What you need to do: Pick every line with "written" from the material below.

Records provided:

═══

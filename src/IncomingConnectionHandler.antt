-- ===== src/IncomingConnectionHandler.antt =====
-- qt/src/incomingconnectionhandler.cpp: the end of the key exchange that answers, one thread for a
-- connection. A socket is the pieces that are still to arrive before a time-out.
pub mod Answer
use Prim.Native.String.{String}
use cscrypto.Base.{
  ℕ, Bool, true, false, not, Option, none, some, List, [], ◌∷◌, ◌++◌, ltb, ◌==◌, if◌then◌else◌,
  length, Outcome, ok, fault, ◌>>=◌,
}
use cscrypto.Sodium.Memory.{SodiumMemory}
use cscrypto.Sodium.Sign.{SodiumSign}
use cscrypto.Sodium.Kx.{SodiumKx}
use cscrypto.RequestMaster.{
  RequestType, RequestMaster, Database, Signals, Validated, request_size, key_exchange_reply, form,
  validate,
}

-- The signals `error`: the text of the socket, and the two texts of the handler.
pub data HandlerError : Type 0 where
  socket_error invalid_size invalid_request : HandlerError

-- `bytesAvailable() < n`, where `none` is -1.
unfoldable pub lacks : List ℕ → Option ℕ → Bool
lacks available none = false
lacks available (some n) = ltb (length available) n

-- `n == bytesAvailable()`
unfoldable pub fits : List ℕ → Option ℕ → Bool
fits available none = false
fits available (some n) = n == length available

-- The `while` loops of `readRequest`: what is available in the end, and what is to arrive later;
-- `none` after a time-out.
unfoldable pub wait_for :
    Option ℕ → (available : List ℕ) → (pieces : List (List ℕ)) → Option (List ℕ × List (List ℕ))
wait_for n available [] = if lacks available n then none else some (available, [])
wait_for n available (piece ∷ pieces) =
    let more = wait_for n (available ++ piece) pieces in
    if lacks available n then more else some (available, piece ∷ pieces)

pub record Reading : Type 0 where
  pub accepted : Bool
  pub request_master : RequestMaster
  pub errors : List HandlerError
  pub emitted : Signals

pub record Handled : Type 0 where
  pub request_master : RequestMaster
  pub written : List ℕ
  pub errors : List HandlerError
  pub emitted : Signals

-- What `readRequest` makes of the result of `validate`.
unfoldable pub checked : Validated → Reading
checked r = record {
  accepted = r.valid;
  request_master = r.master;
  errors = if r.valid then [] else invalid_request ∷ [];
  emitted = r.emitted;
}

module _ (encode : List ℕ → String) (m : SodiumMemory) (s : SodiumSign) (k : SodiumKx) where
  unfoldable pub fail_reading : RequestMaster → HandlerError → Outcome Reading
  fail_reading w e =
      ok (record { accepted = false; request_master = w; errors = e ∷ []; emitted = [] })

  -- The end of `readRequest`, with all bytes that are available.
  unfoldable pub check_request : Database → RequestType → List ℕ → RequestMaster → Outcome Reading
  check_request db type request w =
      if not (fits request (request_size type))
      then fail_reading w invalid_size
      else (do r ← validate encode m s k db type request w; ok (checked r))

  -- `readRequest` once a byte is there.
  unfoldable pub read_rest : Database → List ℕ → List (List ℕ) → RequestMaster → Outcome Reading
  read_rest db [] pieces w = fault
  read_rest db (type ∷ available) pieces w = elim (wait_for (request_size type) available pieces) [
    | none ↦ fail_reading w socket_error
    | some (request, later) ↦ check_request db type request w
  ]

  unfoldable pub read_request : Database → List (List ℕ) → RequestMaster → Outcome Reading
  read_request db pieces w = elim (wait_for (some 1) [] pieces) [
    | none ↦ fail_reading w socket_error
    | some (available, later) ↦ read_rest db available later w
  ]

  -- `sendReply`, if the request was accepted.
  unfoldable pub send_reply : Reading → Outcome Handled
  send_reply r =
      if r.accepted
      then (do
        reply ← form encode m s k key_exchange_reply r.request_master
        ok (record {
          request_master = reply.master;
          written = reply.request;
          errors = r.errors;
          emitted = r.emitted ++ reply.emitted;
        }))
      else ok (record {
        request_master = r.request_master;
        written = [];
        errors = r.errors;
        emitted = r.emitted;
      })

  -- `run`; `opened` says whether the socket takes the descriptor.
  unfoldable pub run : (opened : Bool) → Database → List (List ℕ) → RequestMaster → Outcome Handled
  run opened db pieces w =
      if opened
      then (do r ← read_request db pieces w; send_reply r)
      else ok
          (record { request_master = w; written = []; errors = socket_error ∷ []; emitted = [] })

═══

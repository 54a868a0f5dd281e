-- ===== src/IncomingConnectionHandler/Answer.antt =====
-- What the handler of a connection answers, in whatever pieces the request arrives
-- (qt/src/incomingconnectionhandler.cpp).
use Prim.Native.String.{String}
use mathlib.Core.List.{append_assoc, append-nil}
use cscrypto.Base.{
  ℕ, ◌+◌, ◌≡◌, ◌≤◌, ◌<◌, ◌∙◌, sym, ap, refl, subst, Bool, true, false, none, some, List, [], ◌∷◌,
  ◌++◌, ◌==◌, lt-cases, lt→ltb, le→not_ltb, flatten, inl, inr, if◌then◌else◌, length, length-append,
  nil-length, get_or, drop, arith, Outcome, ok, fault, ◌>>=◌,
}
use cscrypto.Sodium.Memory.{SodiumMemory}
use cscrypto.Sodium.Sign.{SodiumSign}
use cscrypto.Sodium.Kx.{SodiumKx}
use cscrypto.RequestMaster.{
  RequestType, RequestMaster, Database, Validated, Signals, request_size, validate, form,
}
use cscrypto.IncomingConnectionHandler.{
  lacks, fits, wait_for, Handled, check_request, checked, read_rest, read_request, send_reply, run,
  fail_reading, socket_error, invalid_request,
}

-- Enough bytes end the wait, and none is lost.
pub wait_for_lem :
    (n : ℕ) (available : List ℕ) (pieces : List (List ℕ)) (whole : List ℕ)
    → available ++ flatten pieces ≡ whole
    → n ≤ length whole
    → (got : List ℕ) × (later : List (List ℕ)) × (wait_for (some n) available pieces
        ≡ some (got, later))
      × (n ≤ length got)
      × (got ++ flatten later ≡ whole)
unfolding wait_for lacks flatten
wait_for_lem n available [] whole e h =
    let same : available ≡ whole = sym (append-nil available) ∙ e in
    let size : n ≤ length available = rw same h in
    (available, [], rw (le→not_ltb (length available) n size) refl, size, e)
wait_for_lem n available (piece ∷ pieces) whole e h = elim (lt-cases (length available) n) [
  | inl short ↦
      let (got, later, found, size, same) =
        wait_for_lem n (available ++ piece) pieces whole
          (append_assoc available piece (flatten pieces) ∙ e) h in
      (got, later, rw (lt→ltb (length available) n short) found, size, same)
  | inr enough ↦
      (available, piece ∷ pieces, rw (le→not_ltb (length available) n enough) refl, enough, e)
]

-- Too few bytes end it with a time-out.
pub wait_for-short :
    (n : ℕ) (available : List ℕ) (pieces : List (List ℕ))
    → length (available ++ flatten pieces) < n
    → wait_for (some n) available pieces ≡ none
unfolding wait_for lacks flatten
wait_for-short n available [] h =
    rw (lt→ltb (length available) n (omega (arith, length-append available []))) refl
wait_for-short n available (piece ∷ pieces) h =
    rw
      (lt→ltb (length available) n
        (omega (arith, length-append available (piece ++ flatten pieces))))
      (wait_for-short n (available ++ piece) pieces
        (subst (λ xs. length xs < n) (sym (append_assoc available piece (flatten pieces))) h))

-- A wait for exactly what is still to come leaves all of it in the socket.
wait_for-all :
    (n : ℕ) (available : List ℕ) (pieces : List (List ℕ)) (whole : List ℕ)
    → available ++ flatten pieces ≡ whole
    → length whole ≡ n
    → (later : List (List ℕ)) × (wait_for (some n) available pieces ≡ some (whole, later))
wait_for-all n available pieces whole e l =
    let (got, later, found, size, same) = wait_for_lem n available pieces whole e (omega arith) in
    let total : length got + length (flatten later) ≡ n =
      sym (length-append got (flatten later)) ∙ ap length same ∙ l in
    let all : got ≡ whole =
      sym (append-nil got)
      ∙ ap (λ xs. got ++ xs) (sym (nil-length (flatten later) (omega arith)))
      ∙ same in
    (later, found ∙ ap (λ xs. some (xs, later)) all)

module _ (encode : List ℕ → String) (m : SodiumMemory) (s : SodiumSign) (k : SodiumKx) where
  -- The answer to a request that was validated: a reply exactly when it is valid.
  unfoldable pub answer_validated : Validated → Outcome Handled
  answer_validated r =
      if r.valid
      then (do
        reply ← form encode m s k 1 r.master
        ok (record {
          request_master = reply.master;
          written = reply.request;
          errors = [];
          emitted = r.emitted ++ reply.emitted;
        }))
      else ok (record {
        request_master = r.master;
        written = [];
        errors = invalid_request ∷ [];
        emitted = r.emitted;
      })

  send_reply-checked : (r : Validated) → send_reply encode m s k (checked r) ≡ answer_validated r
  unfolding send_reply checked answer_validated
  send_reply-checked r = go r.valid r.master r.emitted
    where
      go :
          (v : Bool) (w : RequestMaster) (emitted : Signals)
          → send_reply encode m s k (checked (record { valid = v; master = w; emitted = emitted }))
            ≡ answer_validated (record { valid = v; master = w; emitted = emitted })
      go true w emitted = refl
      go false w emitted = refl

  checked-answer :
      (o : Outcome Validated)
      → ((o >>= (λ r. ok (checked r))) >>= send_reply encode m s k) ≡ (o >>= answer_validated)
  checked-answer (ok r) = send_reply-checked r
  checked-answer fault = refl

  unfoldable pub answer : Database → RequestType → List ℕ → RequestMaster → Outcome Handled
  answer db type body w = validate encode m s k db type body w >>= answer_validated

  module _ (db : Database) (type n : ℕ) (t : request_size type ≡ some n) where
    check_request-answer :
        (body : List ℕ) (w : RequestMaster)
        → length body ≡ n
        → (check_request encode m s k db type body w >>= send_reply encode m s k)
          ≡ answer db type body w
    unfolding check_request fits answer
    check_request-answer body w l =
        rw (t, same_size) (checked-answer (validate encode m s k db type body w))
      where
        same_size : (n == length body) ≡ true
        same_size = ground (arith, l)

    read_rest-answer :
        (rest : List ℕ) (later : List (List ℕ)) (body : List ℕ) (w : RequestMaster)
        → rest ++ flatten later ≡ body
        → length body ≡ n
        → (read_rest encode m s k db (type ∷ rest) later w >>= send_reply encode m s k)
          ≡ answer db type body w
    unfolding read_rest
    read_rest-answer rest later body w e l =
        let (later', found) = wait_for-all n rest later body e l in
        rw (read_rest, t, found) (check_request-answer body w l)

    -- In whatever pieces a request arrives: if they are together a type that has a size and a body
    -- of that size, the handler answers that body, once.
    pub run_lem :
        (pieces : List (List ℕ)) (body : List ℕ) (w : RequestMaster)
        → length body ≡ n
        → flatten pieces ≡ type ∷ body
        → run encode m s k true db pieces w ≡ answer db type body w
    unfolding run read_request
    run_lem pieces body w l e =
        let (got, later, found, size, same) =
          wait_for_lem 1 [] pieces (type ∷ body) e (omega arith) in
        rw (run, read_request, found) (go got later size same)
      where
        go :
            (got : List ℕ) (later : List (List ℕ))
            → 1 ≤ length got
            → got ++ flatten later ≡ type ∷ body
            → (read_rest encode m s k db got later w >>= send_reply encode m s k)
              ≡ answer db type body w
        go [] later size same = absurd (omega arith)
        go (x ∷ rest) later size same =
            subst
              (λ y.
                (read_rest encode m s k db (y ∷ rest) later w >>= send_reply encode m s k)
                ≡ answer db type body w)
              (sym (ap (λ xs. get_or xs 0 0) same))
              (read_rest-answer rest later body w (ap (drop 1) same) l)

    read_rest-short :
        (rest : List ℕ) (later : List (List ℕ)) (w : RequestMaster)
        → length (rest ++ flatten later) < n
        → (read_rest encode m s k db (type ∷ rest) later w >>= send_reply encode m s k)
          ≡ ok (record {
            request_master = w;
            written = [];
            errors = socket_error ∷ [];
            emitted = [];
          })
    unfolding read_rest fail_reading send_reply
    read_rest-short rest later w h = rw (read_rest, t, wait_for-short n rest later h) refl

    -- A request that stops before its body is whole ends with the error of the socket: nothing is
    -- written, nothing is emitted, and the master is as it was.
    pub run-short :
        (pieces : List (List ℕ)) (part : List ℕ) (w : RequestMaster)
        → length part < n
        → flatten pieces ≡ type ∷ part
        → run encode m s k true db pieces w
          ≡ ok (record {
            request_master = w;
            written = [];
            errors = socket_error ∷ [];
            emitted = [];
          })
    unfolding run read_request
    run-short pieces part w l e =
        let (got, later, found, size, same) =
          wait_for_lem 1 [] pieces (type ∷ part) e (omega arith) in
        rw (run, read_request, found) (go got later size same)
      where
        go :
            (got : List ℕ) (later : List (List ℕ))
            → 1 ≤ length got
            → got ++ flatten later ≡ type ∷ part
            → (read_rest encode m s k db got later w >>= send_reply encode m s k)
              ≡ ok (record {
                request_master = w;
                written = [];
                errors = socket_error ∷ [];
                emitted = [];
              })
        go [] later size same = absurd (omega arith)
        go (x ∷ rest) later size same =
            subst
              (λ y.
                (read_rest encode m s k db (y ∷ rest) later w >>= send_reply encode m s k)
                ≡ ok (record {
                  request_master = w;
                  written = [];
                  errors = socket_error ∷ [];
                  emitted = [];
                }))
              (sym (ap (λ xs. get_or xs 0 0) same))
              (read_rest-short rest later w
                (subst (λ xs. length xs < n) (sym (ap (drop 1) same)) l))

═══

Reply:
  pub written : List ℕ
          written = reply.request;
        written = [];
          (record { request_master = w; written = []; errors = socket_error ∷ []; emitted = [] })
          written = reply.request;
        written = [];
            written = [];
    -- written, nothing is emitted, and the master is as it was.
            written = [];
                written = [];
                  written = [];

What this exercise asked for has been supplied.